EXERCISE DATA »

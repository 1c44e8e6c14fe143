-- ===== src/Service/Sync.antt =====
-- The permissions API and the committed memberships agree, whatever requests are answered.
use identity_api.Common.{ℤ, String, Bool-cases, ◌≡◌, refl, true, false, inl, inr, List, arith}
use identity_api.Types.{PrefixedId}
use identity_api.Exec.{Result, ok, Exec, Result-cases}
use identity_api.Platform.{Platform, IsDocumented}
use identity_api.Storage.{
  Ctx, background, with_tx, begin_tx_context, commit_context_tx, rollback_context_tx,
}
use identity_api.Http.{storage_middleware}
use identity_api.Http.Members
use identity_api.Http.Sync.{
  InSync, add_group_members-InSync, remove_group_member-InSync, replace_group_members-InSync,
}
use identity_api.Storage.Seed.{SeedIssuer, seed_database}
use identity_api.Userinfo
use identity_api.Invariant.Listings.{kept-userinfo, kept-userinfo_groups}
use identity_api.Exchange
use identity_api.Exchange.Mapping.{Jwt}
use identity_api.Service.{
  Request, Response, Outside, answer_done, serve, handle_request, add_group_members,
  replace_group_members, remove_group_member,
}
use identity_api.Service.Kept.{LeavesTables, changes_members, kept-handle_request}
use identity_api.Service.Agreement.{Agrees, Agrees-IsInvariant}
use identity_api.Invariant.{same_view}
use identity_api.Invariant.Exchanges.{IsOutside, kept-exchange, kept-seed_database}

module _ (p : Platform) (o : Outside p) (j : Jwt p) where
  -- One step: a request that does not change members, whatever its outcome; one that does, and succeeds;
  -- a token exchange, a seeding of issuers, a request to a user info endpoint, or anything that leaves
  -- what is observed alone.
  pub data Step : p.World → p.World → Type 0 where
    other :
        {w : p.World} (r : Request) → changes_members r ≡ false → Step w (handle_request p o r w).1
    answered :
        {w : p.World} (r : Request) (a : Response)
        → (handle_request p o r w).0 ≡ ok a
        → Step w (handle_request p o r w).1
    exchange :
        {w : p.World} (r : Exchange.Request)
        → Step w (Exchange.handle_token_endpoint_request p j o.cel r w).1
    seed : {w : p.World} (issuers : List SeedIssuer) → Step w (seed_database p o.cel issuers w).1
    user_info :
        {w : p.World} (subject : PrefixedId) → Step w (Userinfo.handle p background subject w).1
    user_groups :
        {w : p.World} (atoi : String → Result ℤ) (subject cursor limit : String)
        → Step w (Userinfo.list_user_groups p o.codec o.as_of atoi subject cursor limit w).1
    elsewhere : {w v : p.World} → p.view v ≡ p.view w → Step w v

  pub data Reach (w : p.World) : p.World → Type 0 where
    here : Reach w w
    next : {v u : p.World} → Reach w v → Step v u → Reach w u

module _ {p : Platform} (d : IsDocumented p) where
  -- A request that is answered has been handled in a transaction from the committed tables, and what
  -- the transaction held is committed.
  abbrev Answered : {A : Type 0} → (Ctx → Exec p.World A) → p.World → A → Type 0
  Answered handler w a =
      let start = (p.begin w).1 in
      let end = (handler with_tx start).1 in
      ((handler with_tx start).0 ≡ ok a)
      × (p.view start ≡ record (p.view w) { working = (p.view w).committed })
      × (p.view (storage_middleware p handler w).1
          ≡ record (p.view end) { committed = (p.view end).working })

  storage_middleware_run :
      {A : Type 0} (handler : Ctx → Exec p.World A) (w : p.World) (a : A)
      → (storage_middleware p handler w).0 ≡ ok a
      → Answered handler w a
  unfolding storage_middleware begin_tx_context commit_context_tx rollback_context_tx
  storage_middleware_run handler w a h =
      let start = (p.begin w).1 in
      let end = (handler with_tx start).1 in
      elim (Result-cases (p.begin w).0) [
        | inr (e, b) ↦ ground (arith, b, h)
        | inl (u, b) ↦ elim (Result-cases (handler with_tx start).0) [
          | inr (e, r) ↦ elim (Result-cases (p.rollback end).0) [
            | inl (x, k) ↦ ground (arith, b, r, k, h)
            | inr (x, k) ↦ ground (arith, b, r, k, h)
          ]
          | inl (c, r) ↦ elim (Result-cases (p.commit end).0) [
            | inr (e, k) ↦ ground (arith, b, r, k, h)
            | inl (x, k) ↦ (
              ground (arith, b, r, k, h),
              ground (arith, b, d.begin_law w),
              ground (arith, b, r, k, d.commit_law end),
            )
          ]
        ]
      ]

  -- A handler that keeps a fresh transaction in agreement, and answers, leaves it committed.
  middleware-Agrees :
      {A : Type 0} (handler : Ctx → Exec p.World A) (w : p.World) (a : A)
      → ((v : p.World)
          → (p.view v).working.group_members ≡ (p.view v).committed.group_members
          → InSync (p.view v)
          → (handler with_tx v).0 ≡ ok a
          → InSync (p.view (handler with_tx v).1))
      → (storage_middleware p handler w).0 ≡ ok a
      → Agrees (p.view w)
      → Agrees (p.view (storage_middleware p handler w).1)
  middleware-Agrees handler w a keeps h before =
      let start = (p.begin w).1 in
      let (handled, fresh, after) = storage_middleware_run handler w a h in
      let sync = keeps start (rw fresh refl) (rw fresh before.told) handled in
      rw after (record { settled = refl; told = sync })

  done_run :
      (m : Exec p.World (Unit {0})) (w : p.World) (a : Response)
      → (answer_done m w).0 ≡ ok a
      → ((m w).0 ≡ ok tt) × ((answer_done m w).1 ≡ (m w).1)
  done_run m w a h = elim (Result-cases (m w).0) [
    | inl (u, e) ↦ (ground (arith, e), ground (arith, e))
    | inr (f, e) ↦ ground (arith, e, h)
  ]

  done-InSync :
      (m : Exec p.World (Unit {0})) (w : p.World) (a : Response)
      → ((m w).0 ≡ ok tt → InSync (p.view (m w).1))
      → (answer_done m w).0 ≡ ok a
      → InSync (p.view (answer_done m w).1)
  done-InSync m w a k h = let (returned, same) = done_run m w a h in rw same (k returned)

  module _ (o : Outside p) where
    member_request-Agrees :
        (r : Request)
        → changes_members r ≡ true
        → (w : p.World) (a : Response) → (handle_request p o r w).0 ≡ ok a
        → Agrees (p.view w)
        → Agrees (p.view (handle_request p o r w).1)
    unfolding handle_request serve
    member_request-Agrees (add_group_members gid ids) e w a h =
        middleware-Agrees _ w a
          (λ v fresh sync.
            done-InSync (Members.add_group_members p with_tx gid ids) v a
              (add_group_members-InSync d gid ids v sync))
          h
    member_request-Agrees (replace_group_members gid ids) e w a h =
        middleware-Agrees _ w a
          (λ v fresh sync.
            done-InSync (Members.replace_group_members p with_tx gid ids) v a
              (replace_group_members-InSync d gid ids v fresh sync))
          h
    member_request-Agrees (remove_group_member gid sid) e w a h =
        middleware-Agrees _ w a
          (λ v fresh sync.
            done-InSync (Members.remove_group_member p with_tx gid sid) v a
              (remove_group_member-InSync d gid sid v sync))
          h
    member_request-Agrees _ e w a h = ground arith

module _ {p : Platform} (d : IsDocumented p) {o : Outside p} (l : LeavesTables p o) {j : Jwt p}
    (apart : IsOutside p j) where
  request-Agrees :
      (r : Request)
      → changes_members r ≡ false
      → (w : p.World) → Agrees (p.view w)
      → Agrees (p.view (handle_request p o r w).1)
  request-Agrees r e w =
      ((kept-handle_request d Agrees-IsInvariant l r (λ k. ground (arith, e, k))).at w).holds

  Step-Agrees : {w v : p.World} → Step p o j w v → Agrees (p.view w) → Agrees (p.view v)
  Step-Agrees (other r e) = request-Agrees r e _
  Step-Agrees (answered r a h) = elim (Bool-cases (changes_members r)) [
    | inl e ↦ member_request-Agrees d o r e _ a h
    | inr e ↦ request-Agrees r e _
  ]
  Step-Agrees (exchange r) = ((kept-exchange d Agrees-IsInvariant apart o.cel r).at _).holds
  Step-Agrees (seed issuers) = ((kept-seed_database d Agrees-IsInvariant o.cel issuers).at _).holds
  Step-Agrees (user_info subject) =
      ((kept-userinfo d Agrees-IsInvariant background subject).at _).holds
  Step-Agrees (user_groups atoi subject cursor limit) =
      ((kept-userinfo_groups d Agrees-IsInvariant o.codec o.as_of atoi subject cursor limit).at
        _).holds
  Step-Agrees (elsewhere e) = same_view Agrees e

  -- Where the permissions API was told of exactly the committed memberships, but for the empty subject
  -- id, and no uncommitted one is there, this stays so after any sequence of requests to the API and the
  -- user info endpoints, token exchanges and seedings in which the requests that change members succeed
  -- and the others end as they may, also where a commit or a call of the permissions API fails.
  pub Reach-Agrees : {w v : p.World} → Agrees (p.view w) → Reach p o j w v → Agrees (p.view v)
  Reach-Agrees h here = h
  Reach-Agrees h (next r s) = Step-Agrees s (Reach-Agrees h r)
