-- ===== src/Service/Tests.antt =====
-- The theorems on the whole service at concrete inputs.
use identity_api.Common.{
  ℕ, true, eq_iff, ◌≡◌, refl, true, none, some, [], ◌∷◌, ◌⊎◌, arith, any, keep, find?, contains,
}
use identity_api.Types.{to_v1_group}
use identity_api.Types.Errors.{Error, http}
use identity_api.Exec.{ok, err}
use identity_api.Sandbox.{World, sandbox, sandbox-IsDocumented}
use identity_api.Sandbox.Data.{start, tables}
use identity_api.Sandbox.Secrets.{hasher, draw}
use identity_api.Sandbox.Tokens.{tokens-IsOutside, expressions, tokens}
use identity_api.Sandbox.Cursors.{cursors}
use identity_api.Crypto.{generate_secure_token}
use identity_api.Storage.{with_tx, get_context_tx, begin_tx_context, commit_context_tx, query_row}
use identity_api.Storage.Groups as Storage
use identity_api.Storage.Groups.Sql.{upsert_members, clashes, insert_group_row, select_group}
use identity_api.Events
use identity_api.Http.Members
use identity_api.Events.Mirror.{granted, apply, names}
use identity_api.Http.{parse_ids, parse_id, check_access, notify, storage_middleware}
use identity_api.Http.Groups
use identity_api.Storage.Issuers.Sql as IssuersSql
use identity_api.Http.Groups.{CreateGroup}
use identity_api.Constraints.{IsConsistent}
use identity_api.Constraints.Rows.{dangles}
use identity_api.Constraints.Sound.{IsSound}
use identity_api.Service.{
  Request, Response, done, add_group_members, a_group, Outside, create_group, delete_group,
  handle_request, serve,
}
use identity_api.Service.Kept.{LeavesTables}
use identity_api.Service.Steps.{request, Reach, here, next}
use identity_api.Service.Agreement.{Agrees}
use identity_api.Service.Sync
use identity_api.Service.Sync.{Reach-Agrees}
use identity_api.Service.Sent.{
  is_plain, after_begin, after_next, finally, Sent, IsErrorHandler, respond, respond-sent,
}

abbrev outside : Outside sandbox
outside = record {
  hasher = hasher;
  token = λ n. generate_secure_token draw n;
  cel = expressions;
  codec = cursors;
  as_of = none;
}

outside-LeavesTables : LeavesTables sandbox outside
unfolding generate_secure_token
outside-LeavesTables = record { hash_view = λ s w. refl; token_view = λ n w. refl }

tables-IsConsistent : IsConsistent tables
unfolding any clashes IssuersSql.clashes dangles
tables-IsConsistent = record {
  issuers = record { apart = (refl, tt); users_apart = (refl, tt); refer = refl };
  clients = tt;
  groups = record {
    apart = (refl, (refl, tt));
    members_apart = (refl, (refl, (refl, tt)));
    refer = refl;
  };
}

start-IsSound : IsSound start.view
start-IsSound = record { committed = tables-IsConsistent; working = tables-IsConsistent }

abbrev qa_body : CreateGroup
qa_body = record { name = "qa"; description = none }

-- A group is created, and another that has a member is not deleted.
abbrev after_create : World
after_create = (handle_request sandbox outside (create_group "tnt" qa_body) start).1

abbrev after_delete : World
after_delete = (handle_request sandbox outside (delete_group "g-ops") after_create).1

reaches : Reach sandbox outside tokens start after_delete
reaches = next (next here (request (create_group "tnt" qa_body))) (request (delete_group "g-ops"))

-- echo's status of an error, where the platform's errors are none of echo's
abbrev status_of : Error → ℕ
status_of (http n) = n
status_of e = 500

abbrev first_wins : Sent → Error → Sent
first_wins none e = some (err (http (status_of e)))
first_wins (some r) e = some r

status_of_plain : (e : Error) → is_plain e ≡ true → first_wins none e ≡ some (err (http 500))
status_of_plain e h = ground arith

first_wins-IsErrorHandler : IsErrorHandler first_wins
first_wins-IsErrorHandler = record {
  sends = λ n. refl;
  sends_plain = λ e h. status_of_plain e h;
  sends_other = λ e. (status_of e, refl);
  stays = λ r e. refl;
}

abbrev failing : World
failing = record start { commit_down = true }

respond-sent_example :
    let answer = respond sandbox first_wins outside (create_group "tnt" qa_body) failing in
    let handled = serve sandbox outside with_tx (create_group "tnt" qa_body) failing in
    ((e : Error) → (sandbox.begin failing).0 ≡ err e → answer.0 ≡ some (err (http 502)))
    × ((sandbox.begin failing).0 ≡ ok tt
        → (a : Response) → handled.0 ≡ ok a
        → answer.0 ≡ some (ok a))
    × ((sandbox.begin failing).0 ≡ ok tt
        → (n : ℕ) → handled.0 ≡ err (http n)
        → answer.0 ≡ some (err (http n)))
    × ((sandbox.begin failing).0 ≡ ok tt
        → (e : Error) → handled.0 ≡ err e
        → is_plain e ≡ true
        → answer.0 ≡ some (err (http 500)))
    × ((a : Response) (e : Error)
        → (sandbox.begin failing).0 ≡ ok tt
        → handled.0 ≡ ok a
        → (sandbox.commit handled.1).0 ≡ err e
        → (answer.0 ≡ some (ok a))
          × ((answer.1.view.committed ≡ handled.1.view.committed)
              ⊎ (answer.1.view.committed ≡ handled.1.view.working))
          × (answer.1.view.published ≡ handled.1.view.published))
    × (answer.1 ≡ (handle_request sandbox outside (create_group "tnt" qa_body) failing).1)
respond-sent_example =
    respond-sent sandbox-IsDocumented first_wins-IsErrorHandler outside (create_group "tnt" qa_body)
      failing

-- The client is told that its group is created; it is not, and the permissions API has its parent.
told_too_early :
    ((respond sandbox first_wins outside (create_group "tnt" qa_body) failing).0
      ≡ some (
          ok (
            a_group
              (record { id = "g-new"; name = "qa"; owner_id = some "tnt"; description = none }))))
    × ((respond sandbox first_wins outside (create_group "tnt" qa_body) failing).1.view.committed
        ≡ tables)
unfolding respond after_begin after_next finally serve Groups.create_group parse_id check_access
    notify Storage.create_group Storage.insert_group Storage.fetch_group_by_id insert_group_row
    select_group clashes any find? Events.create_group to_v1_group get_context_tx begin_tx_context
    commit_context_tx query_row Storage.scan_group contains
told_too_early = (refl, refl)

start-Agrees : Agrees start.view
unfolding granted apply names any
start-Agrees = record {
  settled = refl;
  told =
      λ g s ne. ground (arith, eq_iff "g-ops" g, eq_iff "g-dev" g, eq_iff "ann" s, eq_iff "bob" s);
}

abbrev eve_joins : Request
eve_joins = add_group_members "g-dev" ("eve" ∷ [])

joined : (handle_request sandbox outside eve_joins start).0 ≡ ok done
unfolding handle_request serve storage_middleware Members.add_group_members parse_id parse_ids
    check_access notify Storage.add_group_members Storage.fetch_group_by_id Events.add_group_members
    Events.member_relations Events.send upsert_members select_group any find? keep contains
    get_context_tx begin_tx_context commit_context_tx query_row Storage.scan_group
joined = refl

-- Eve joins a group; then the other group, which has members, is not deleted.
abbrev after_join : World
after_join = (handle_request sandbox outside eve_joins start).1

Reach-Agrees_example :
    Agrees (handle_request sandbox outside (delete_group "g-ops") after_join).1.view
Reach-Agrees_example =
    Reach-Agrees sandbox-IsDocumented outside-LeavesTables tokens-IsOutside start-Agrees (
      Sync.next (Sync.next Sync.here (Sync.answered eve_joins done joined))
        (Sync.other (delete_group "g-ops") refl))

TASK BRIEF » The answer should be all lines from the entries above that hold the word "settled".

ANSWER BOX »
      rw after (record { settled = refl; told = sync })
  settled = refl;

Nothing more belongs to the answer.